The IntelliAQ project develops novel approaches for the analysis and synthesis of global air quality data based on deep neural networks. The foundation of this project is one of the world’s largest collection of surface air quality measurements, which was recently assembled at the Jülich Supercomputing Centre (JSC) at Forschungszentrum Jülich and plays a pivotal role in the ongoing first comprehensive Tropospheric Ozone Assessment Report (TOAR).

This database is complemented with data from OpenAQ, the world’s leading effort to collect global air pollutant measurements in near realtime.

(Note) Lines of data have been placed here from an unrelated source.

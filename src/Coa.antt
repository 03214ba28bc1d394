-- ===== src/Coa.antt =====
-- internal/radius/coa.go: handleCoA, DisconnectUser and ChangeUserProfile. A map is the list of its
-- entries in the order in which the loop visits them.
pub mod Marking
pub mod Prefix
pub mod Profile
use radius_go.Base.{
  ℕ, suc, ◌≡◌, Bool, true, false, ◌&&◌, ◌||◌, not, Option, none, some, List, [], ◌∷◌, ◌++◌, ◌==◌,
  if◌then◌else◌, or_else,
}
use radius_go.Base.Int.{ℤ}
use radius_go.Base.Text.{Str, codes, is_empty, str_eq}
use radius_go.Base.Dict.{Dict, lookup, insert}
use radius_go.Domain.User.{Nas}
use radius_go.Domain.Session.{RadiusSession, session_state_active, session_state_stop}
use radius_go.Net.HostPort.{host_of, join_host_port}
use radius_go.Packet.{Packet, RadiusLibrary, write, user_name_add_string}
use radius_go.Packet.Code
use radius_go.Packet.Authenticator.{add_message_authenticator}
use radius_go.Packet.Vsa.{
  mikrotik_rate_limit_set_string, mikrotik_group_set_string, pf_sense_bandwidth_max_up_set,
  pf_sense_bandwidth_max_down_set, pf_sense_max_total_octets_set,
}
use radius_go.Service.{Service}
use radius_go.Auth.Decision.{is_active_of}

-- Every inbound request is refused.
unfoldable pub handle_coa : RadiusLibrary → Str → Packet
handle_coa lib secret = lib.new_packet Code.coa_nak secret

-- `strings.HasPrefix`
unfoldable pub has_prefix : Str → Str → Bool
has_prefix s [] = true
has_prefix [] (c ∷ p) = false
has_prefix (x ∷ s) (c ∷ p) = (x == c) && has_prefix s p

unfoldable pub nas_contains : Str → Str → Bool
nas_contains sess_nas_ip nas_addr = has_prefix sess_nas_ip (host_of nas_addr)

abbrev pub coa_port : Str
coa_port = codes "3799"

-- What a session adds to the map of addresses and secrets.
unfoldable pub add_nas : Dict Nas → RadiusSession → Dict Str → Dict Str
add_nas nases sess m =
    let host = host_of sess.nas_ip in
    elim (lookup host nases) [
      | none ↦ m
      | some nas ↦ insert (join_host_port host coa_port) nas.secret m
    ]

-- The loop of collectNASForUser, onto a map.
unfoldable pub collect : Dict Nas → Str → Dict RadiusSession → Dict Str → Dict Str
collect nases username [] m = m
collect nases username ((id, sess) ∷ more) m =
    collect nases username more (if is_active_of username sess then add_nas nases sess m else m)

unfoldable pub collect_nas_for_user : Str → Service → Dict Str
collect_nas_for_user username s = collect s.nases username s.sessions []

abbrev pub stopped : ℤ → RadiusSession → RadiusSession
stopped now sess = record sess { session_status = session_state_stop; stop_time = some now }

-- A loop over the sessions that stores a changed session under its own key.
unfoldable pub update_where :
    (RadiusSession → Bool)
    → (Str → RadiusSession → RadiusSession)
    → Dict RadiusSession
    → Dict RadiusSession
update_where test change [] = []
update_where test change ((id, sess) ∷ m) =
    (id, if test sess then change id sess else sess) ∷ update_where test change m

-- The clock is read for each session that is stopped; the reading for a key is an argument.
abbrev pub mark_sessions_stopped : Str → (Str → ℤ) → Service → Service
mark_sessions_stopped username clock s = record s {
  sessions = update_where (is_active_of username) (λ id sess. stopped (clock id) sess) s.sessions;
}

abbrev pub at_nas : Str → Str → RadiusSession → Bool
at_nas username nas_addr sess = is_active_of username sess && nas_contains sess.nas_ip nas_addr

abbrev pub mark_sessions_by_nas : Str → Str → (Str → ℤ) → Service → Service
mark_sessions_by_nas username nas_addr clock s = record s {
  sessions =
      update_where (at_nas username nas_addr) (λ id sess. stopped (clock id) sess) s.sessions;
}

-- The network: `radius.Exchange` with an address gives the code of the answer, `none` for an error;
-- the service while it waits is what others make of it.
pub record Network : Type 0 where
  pub exchange : Str → Packet → Option ℕ
  pub meanwhile : Str → Service → Service
  pub clock : Str → Str → ℤ

module _ (lib : RadiusLibrary) (net : Network) where
  unfoldable pub disconnect_packet : Str → Str → Packet
  disconnect_packet username secret =
      (add_message_authenticator lib (
        write lib (user_name_add_string username)
          (lib.new_packet Code.disconnect_request secret))).0

  -- What the answer of one server does: the service, and whether it counts.
  unfoldable pub disconnect_answer : Str → Str → Option ℕ → Service → Service × Bool
  disconnect_answer username nas_addr none s =
      (mark_sessions_stopped username (net.clock nas_addr) s, false)
  disconnect_answer username nas_addr (some code) s =
      if code == Code.disconnect_ack
      then (mark_sessions_by_nas username nas_addr (net.clock nas_addr) s, true)
      else (s, false)

  -- The loop of DisconnectUser over the servers.
  unfoldable pub disconnect_all : Str → Dict Str → Service → Service × ℕ
  disconnect_all username [] s = (s, 0)
  disconnect_all username ((nas_addr, secret) ∷ more) s =
      let answer = net.exchange nas_addr (disconnect_packet username secret) in
      let (s', counts) = disconnect_answer username nas_addr answer (net.meanwhile nas_addr s) in
      let (q, n) = disconnect_all username more s' in (q, if counts then suc n else n)

  unfoldable pub disconnect_user : Str → Service → Service × ℕ
  disconnect_user username s = disconnect_all username (collect_nas_for_user username s) s

-- The arguments of ChangeUserProfile besides the user: an empty string or `none` changes nothing.
pub record ProfileChange : Type 0 where
  pub rate_limit : Str
  pub group : Str
  pub bw_up : Option ℕ
  pub bw_down : Option ℕ
  pub max_octets : Option ℕ

pub record CoaChangeResult : Type 0 where
  pub disconnected_count : ℕ
  pub failed_nas : List Str

-- A setter whose error is dropped, under its test.
abbrev set_given : (Packet → Str → Packet × Bool) → Str → Packet → Packet
set_given setter v p = if is_empty v then p else (setter p v).0

abbrev set_some : (Packet → ℕ → Packet × Bool) → Option ℕ → Packet → Packet
set_some setter none p = p
set_some setter (some v) p = (setter p v).0

abbrev pub given : Str → Str → Str
given new old = if is_empty new then old else new

-- A session under the new profile.
abbrev pub changed : ProfileChange → RadiusSession → RadiusSession
changed c sess = record sess {
  rate_limit = given c.rate_limit sess.rate_limit;
  mikrotik_group = given c.group sess.mikrotik_group;
  bandwidth_max_up = or_else c.bw_up sess.bandwidth_max_up;
  bandwidth_max_down = or_else c.bw_down sess.bandwidth_max_down;
  max_total_octets = or_else c.max_octets sess.max_total_octets;
}

module _ (lib : RadiusLibrary) (net : Network) (username : Str) (c : ProfileChange) where
  unfoldable pub change_packet : Str → Packet
  change_packet secret =
      let p0 = write lib (user_name_add_string username) (lib.new_packet Code.coa_request secret) in
      let p1 = set_given (mikrotik_rate_limit_set_string lib) c.rate_limit p0 in
      let p2 = set_given (mikrotik_group_set_string lib) c.group p1 in
      let p3 = set_some (pf_sense_bandwidth_max_up_set lib) c.bw_up p2 in
      let p4 = set_some (pf_sense_bandwidth_max_down_set lib) c.bw_down p3 in
      let p5 = set_some (pf_sense_max_total_octets_set lib) c.max_octets p4 in
      (add_message_authenticator lib p5).0

  abbrev pub is_code : ℕ → Option ℕ → Bool
  is_code k none = false
  is_code k (some code) = code == k

  abbrev pub change_sessions : Str → Service → Service
  change_sessions nas_addr s = record s {
    sessions = update_where (at_nas username nas_addr) (λ id sess. changed c sess) s.sessions;
  }

  -- The loop of ChangeUserProfile over the servers.
  unfoldable pub change_all : Dict Str → Service → Service × CoaChangeResult
  change_all [] s = (s, record { disconnected_count = 0; failed_nas = [] })
  change_all ((nas_addr, secret) ∷ more) s =
      let good = is_code Code.coa_ack (net.exchange nas_addr (change_packet secret)) in
      let s1 = net.meanwhile nas_addr s in
      let (q, r) = change_all more (if good then change_sessions nas_addr s1 else s1) in
      (
        q,
        if good
            then record r { disconnected_count = suc r.disconnected_count }
            else record r { failed_nas = nas_addr ∷ r.failed_nas },
      )

  unfoldable pub change_user_profile : Service → Service × CoaChangeResult
  change_user_profile s = change_all (collect_nas_for_user username s) s
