-- ===== src/Service/Table.antt =====
-- cleanupStaleSessions, ReconcileSessions and the accessors of internal/radius/service.go.
use radius_go.Base.{
  ℕ, suc, Bool, ◌&&◌, Option, none, some, List, [], ◌∷◌, map, if◌then◌else◌, is_some, length,
}
use radius_go.Base.Int.{ℤ, pos, ltb_ℤ, sub64, mul64, ◌+ℤ◌}
use radius_go.Base.Text.{Str, codes, str_eq}
use radius_go.Base.Dict.{Dict, lookup, insert}
use radius_go.Domain.User.{Nas, Subscriber, subscriber_from_user}
use radius_go.Domain.Session.{RadiusSession, session_state_active, session_state_stale}
use radius_go.Service.{Service, Task, upsert_session}
use radius_go.Net.HostPort.{host_of}

abbrev pub is_active : RadiusSession → Bool
is_active sess = str_eq sess.session_status session_state_active

abbrev pub is_stale : ℤ → RadiusSession → Bool
is_stale cutoff sess = is_active sess && ltb_ℤ sess.last_update cutoff

abbrev pub made_stale : ℤ → RadiusSession → RadiusSession
made_stale now sess = record sess {
  session_status = session_state_stale;
  stop_time = some now;
  last_update = now;
}

-- One pass of cleanupStaleSessions: the sessions, how many were stale, how many were kept, and the
-- goroutines that store the stale ones.
pub record Cleaned : Type 0 where
  pub sessions : Dict RadiusSession
  pub stale_sessions_cleaned : ℕ
  pub active_sessions_kept : ℕ
  pub tasks : List Task

abbrev pub clean_one : ℤ → ℤ → Str → RadiusSession → Cleaned → Cleaned
clean_one cutoff now id sess rest =
    if is_stale cutoff sess
    then record {
      sessions = (id, made_stale now sess) ∷ rest.sessions;
      stale_sessions_cleaned = suc rest.stale_sessions_cleaned;
      active_sessions_kept = rest.active_sessions_kept;
      tasks = upsert_session (made_stale now sess) ∷ rest.tasks;
    }
    else record {
      sessions = (id, sess) ∷ rest.sessions;
      stale_sessions_cleaned = rest.stale_sessions_cleaned;
      active_sessions_kept = suc rest.active_sessions_kept;
      tasks = rest.tasks;
    }

-- The loop over the table: the entry that it stands at is the one that it stores. The clock is read
-- for each stale session; the reading for a key is an argument.
unfoldable pub clean : ℤ → (Str → ℤ) → Dict RadiusSession → Cleaned
clean cutoff clock [] = record {
  sessions = [];
  stale_sessions_cleaned = 0;
  active_sessions_kept = 0;
  tasks = [];
}
clean cutoff clock ((id, sess) ∷ m) = clean_one cutoff (clock id) id sess (clean cutoff clock m)

-- `time.Now().Add(-staleDuration)`
unfoldable pub cutoff_of : Service → ℤ → ℤ
cutoff_of s now = now +ℤ sub64 (pos 0) (mul64 s.config.stale_session_timeout 1000000000)

unfoldable pub cleanup_stale_sessions : ℤ → (Str → ℤ) → Service → Service × Cleaned
cleanup_stale_sessions now clock s =
    let done = clean (cutoff_of s now) clock s.sessions in
    (record s { sessions = done.sessions }, done)

-- The loop of ReconcileSessions: the table and the number of sessions that it did not have.
unfoldable pub merge : List RadiusSession → Dict RadiusSession → Dict RadiusSession × ℕ
merge [] m = (m, 0)
merge (sess ∷ more) m =
    let there = is_some (lookup sess.id m) in
    let (grown, n) = merge more (if there then m else insert sess.id sess m) in
    (grown, if there then n else suc n)

-- What ListActiveSessions returns is an argument, `none` for an error.
unfoldable pub reconcile_sessions : Option (List RadiusSession) → Service → Service × Option ℕ
reconcile_sessions none s = (s, none)
reconcile_sessions (some stored) s =
    let (m, merged) = merge stored s.sessions in (record s { sessions = m }, some merged)

unfoldable pub count_active : Dict RadiusSession → ℕ
count_active [] = 0
count_active ((id, sess) ∷ m) =
    let rest = count_active m in if is_active sess then suc rest else rest

pub record Status : Type 0 where
  pub started_at : ℤ
  pub nas_count : ℕ
  pub subscriber_count : ℕ
  pub active_sessions : ℕ
  pub auth_requests : ℕ
  pub auth_accepts : ℕ
  pub auth_rejects : ℕ
  pub acct_requests : ℕ
  pub health : Str

unfoldable pub snapshot : Service → Status
snapshot s = record {
  started_at = s.started_at;
  nas_count = length s.nases;
  subscriber_count = length s.subscribers;
  active_sessions = count_active s.sessions;
  auth_requests = s.auth_requests;
  auth_accepts = s.auth_accepts;
  auth_rejects = s.auth_rejects;
  acct_requests = s.acct_requests;
  health = codes "ok";
}

-- The values of a map, in the order in which `range` visits them.
abbrev entries {ℓ} : {V : Type ℓ} → Dict V → List V
entries m = map (λ (e : Str × _). e.1) m

unfoldable pub list_nas : Service → List Nas
list_nas s = entries s.nases

unfoldable pub list_subscribers : Service → List Subscriber
list_subscribers s = map subscriber_from_user (entries s.subscribers)

unfoldable pub list_sessions : Service → List RadiusSession
list_sessions s = entries s.sessions

-- RADIUSSecret: the secret of the server that a request comes from, `none` where it is not known.
unfoldable pub radius_secret : Str → Service → Option Str
radius_secret remote_addr s = elim (lookup (host_of remote_addr) s.nases) [
  | none ↦ none
  | some nas ↦ some nas.secret
]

Through combination of this unprecedented treasure of global air quality data with high-resolution geodata, weather model output, and satellite retrievals of atmospheric composition, huge training data sets for deep learning will be constructed, which provide a globally consistent characterization of individual measurement locations and regional air pollution patterns.

State-of-the-art deep learning methods are applied to this unprecedented dataset in order to

  1. fill observation gaps in space and time,
  2. provide short-term forecasts of air quality, and
  3. assess the quality of air pollutant information from diverse measurements.

The combination of diverse data sources is unique, and the project is the first to apply the full potential of deep neural networks on global air quality data. The achievement of the three IntelliAQ objectives will shift the analysis of global air pollutant observations to a new level and provide a basis for the future development of innovative air quality services with robust scientific underpinning.